# Which internet service is better?



## qwert97 (Jun 2, 2008)

Hi 

I was wondering if someone can share his/her views on which internet service is better (Du vs Etisalat)? Is one more cheaper than the other and how much time is taken to get the service up and running?


----------



## flossie (Jun 9, 2008)

If you're going to be living in the Springs, you're limited to Du. Can't help with connection details, as DH's company set it up for us as lease was in there name. We haven't had any problems with the internet connection. Friends have, but they live in Arabian Ranches and the Lakes.


----------



## bubble_boy (May 28, 2008)

Du seems to be the one to go for. They both are pretty crap though from what I hear. I have a 2 meg du line, and you sometimes wonder if it really performs that way. Lots of times I have to load a webpage twice for it to appear. Du offers the best speed packages at the mo. up to 12 meg lines.


----------



## gnomes (Sep 8, 2008)

You may also want to explore 3g broadband offered by Etisalat. They have unlimited data package, service and speed is good.Im not sure the costs, but a friend uses it and says its great.Plus point is your 3g BB Modem can travel with you.


----------



## bubble_boy (May 28, 2008)

gnomes said:


> You may also want to explore 3g broadband offered by Etisalat. They have unlimited data package, service and speed is good.Im not sure the costs, but a friend uses it and says its great.Plus point is your 3g BB Modem can travel with you.


It unf works out more expensive than having a line at home. Something like 800 dhs for the unlimited package. The other downside is that not all areas have good 3.5g coverage. In our apartment there was one specific spot where we could get signal. Everywhere else was a no go.


----------



## gnomes (Sep 8, 2008)

sums up your life bubbles!!! ;-)


----------



## bubble_boy (May 28, 2008)

gnomes said:


> sums up your life bubbles!!! ;-)


And over my head it went...


----------



## gnomes (Sep 8, 2008)

Say no more......


----------



## godspeedyourlove (Oct 5, 2008)

qwert97 said:


> Hi
> 
> I was wondering if someone can share his/her views on which internet service is better (Du vs Etisalat)? Is one more cheaper than the other and how much time is taken to get the service up and running?
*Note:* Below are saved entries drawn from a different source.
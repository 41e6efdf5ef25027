-- ===== src/Control/Codec/Ints.antt =====
-- `encode_int` and `decode_int`: which integers fit, what is written, and the round trip.
use p4net.Base.{
  ℕ, zero, suc, ◌+◌, ◌*◌, ◌^◌, ◌≤◌, ◌<◌, ◌≡◌, refl, ap, ◌↔◌, List, arith, length, All, pos, ok,
}
use p4net.Builtins.Bytes.{
  IsByte, from_bytes, to_bytes, bit_length-le_iff, from_bytes-to_bytes, length-to_bytes,
  to_bytes-IsByte,
}
use p4net.Control.Codec.{int, n_bytes, encode_int, decode_bytes}
use native.Mathlib.Nat.{pow-le-pow_right, pow-suc}
use native.Mathlib.Numerals.{towards_suc}
use p4net.Builtins.Bytes.{from_bytes_inj}

pow_eight : (s : ℕ) → 2 ^ (s + 8) ≡ 256 * 2 ^ s
pow_eight s = simp towards_suc (omega arith)

-- Powers of 256 as powers of two.
pow256 : (n : ℕ) → 256 ^ n ≡ 2 ^ (n * 8)
pow256 zero = refl
pow256 (suc n) = omega (arith, pow-suc 256 n, pow256 n, pow_eight (n * 8), same)
  where
    same : 2 ^ (suc n * 8) ≡ 2 ^ (n * 8 + 8)
    same = ap (λ t. 2 ^ t) (omega arith)

-- A number that fits `w` bits fits the bytes that round `w` up.
pub fits_bytes : (w n : ℕ) → n < 2 ^ w → n < 256 ^ n_bytes w
fits_bytes w n h = omega (
  arith,
  pow256 (n_bytes w),
  pow-le-pow_right {n = 2} (omega arith) {i = w} {j = n_bytes w * 8} (omega arith),
)

-- What `bs` has to be for `n` at width `w`: the big-endian digits, as many as the width rounds to.
pub record Writes (w n : ℕ) (bs : List ℕ) : Type 0 where
  pub positive : 0 < w
  pub fits : n < 2 ^ w
  pub size : length bs ≡ n_bytes w
  pub digits : All IsByte bs
  pub value : from_bytes bs ≡ n

pub encode_int_ok :
    (n w : ℕ) → 0 < w → n < 2 ^ w → encode_int (int (pos n)) w ≡ ok (to_bytes (n_bytes w) n)
unfolding encode_int
encode_int_ok n w h k = ground (arith, (bit_length-le_iff n w).1 k)

pub encode_int-fits :
    (n w : ℕ) (bs : List ℕ)
    → encode_int (int (pos n)) w ≡ ok bs
    → (0 < w) × (n < 2 ^ w) × (bs ≡ to_bytes (n_bytes w) n)
unfolding encode_int
encode_int-fits n w bs h = ground (arith, (bit_length-le_iff n w).0)

encode_int→Writes : (n w : ℕ) (bs : List ℕ) → encode_int (int (pos n)) w ≡ ok bs → Writes w n bs
encode_int→Writes n w bs h =
    let (p, f, e) = encode_int-fits n w bs h in
    record {
      positive = p;
      fits = f;
      size = rw e (length-to_bytes (n_bytes w) n);
      digits = rw e (to_bytes-IsByte (n_bytes w) n (fits_bytes w n f));
      value = rw e (from_bytes-to_bytes (n_bytes w) n (fits_bytes w n f));
    }

Writes→encode_int : (n w : ℕ) (bs : List ℕ) → Writes w n bs → encode_int (int (pos n)) w ≡ ok bs
Writes→encode_int n w bs h = rw (encode_int_ok n w h.positive h.fits) (ap ok same)
  where
    below : n < 256 ^ n_bytes w
    below = fits_bytes w n h.fits

    same : to_bytes (n_bytes w) n ≡ bs
    same =
        from_bytes_inj _ bs (to_bytes-IsByte (n_bytes w) n below) h.digits
          (cc (length-to_bytes (n_bytes w) n, h.size))
          (cc (from_bytes-to_bytes (n_bytes w) n below, h.value))

-- For a non-negative int, `encode_int` returns `bs` exactly when the width is positive, the int
-- is below `2 ** bitwidth`, and `bs` is its big-endian byte string of `(bitwidth + 7) // 8` bytes.
pub encode_int-iff-Writes :
    (n w : ℕ) (bs : List ℕ) → (encode_int (int (pos n)) w ≡ ok bs) ↔ Writes w n bs
encode_int-iff-Writes n w bs = (encode_int→Writes n w bs, Writes→encode_int n w bs)

pub decode_bytes_ok :
    (bs : List ℕ) (w : ℕ)
    → 0 < w
    → length bs ≤ n_bytes w
    → from_bytes bs < 2 ^ w
    → decode_bytes bs w ≡ ok (from_bytes bs)
unfolding decode_bytes
decode_bytes_ok bs w h k f = ground (arith, (bit_length-le_iff (from_bytes bs) w).1 f)

pub decode_bytes-fits :
    (bs : List ℕ) (w n : ℕ)
    → decode_bytes bs w ≡ ok n
    → (0 < w) × (length bs ≤ n_bytes w) × (n < 2 ^ w) × (from_bytes bs ≡ n)
unfolding decode_bytes
decode_bytes-fits bs w n h = ground (arith, (bit_length-le_iff (from_bytes bs) w).0)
Du is cheaper, but the ETISALAT is stable.


----------



## Andy Capp (Oct 5, 2008)

And install hotspot shield so you can get around the proxy....


----------



## qwert97 (Jun 2, 2008)

Andy Capp said:


> And install hotspot shield so you can get around the proxy....



Can you PM me more information on how to do this?


----------



## Ogri750 (Feb 14, 2008)

you have a pm


----------



## grandesigner (Oct 5, 2008)

Andy Capp said:


> And install hotspot shield so you can get around the proxy....


what do you mean.


----------



## Ogri750 (Feb 14, 2008)

you also have a pm


----------



## grandesigner (Oct 5, 2008)

Ogri750 said:


> you also have a pm


Thats excellent,thanks


----------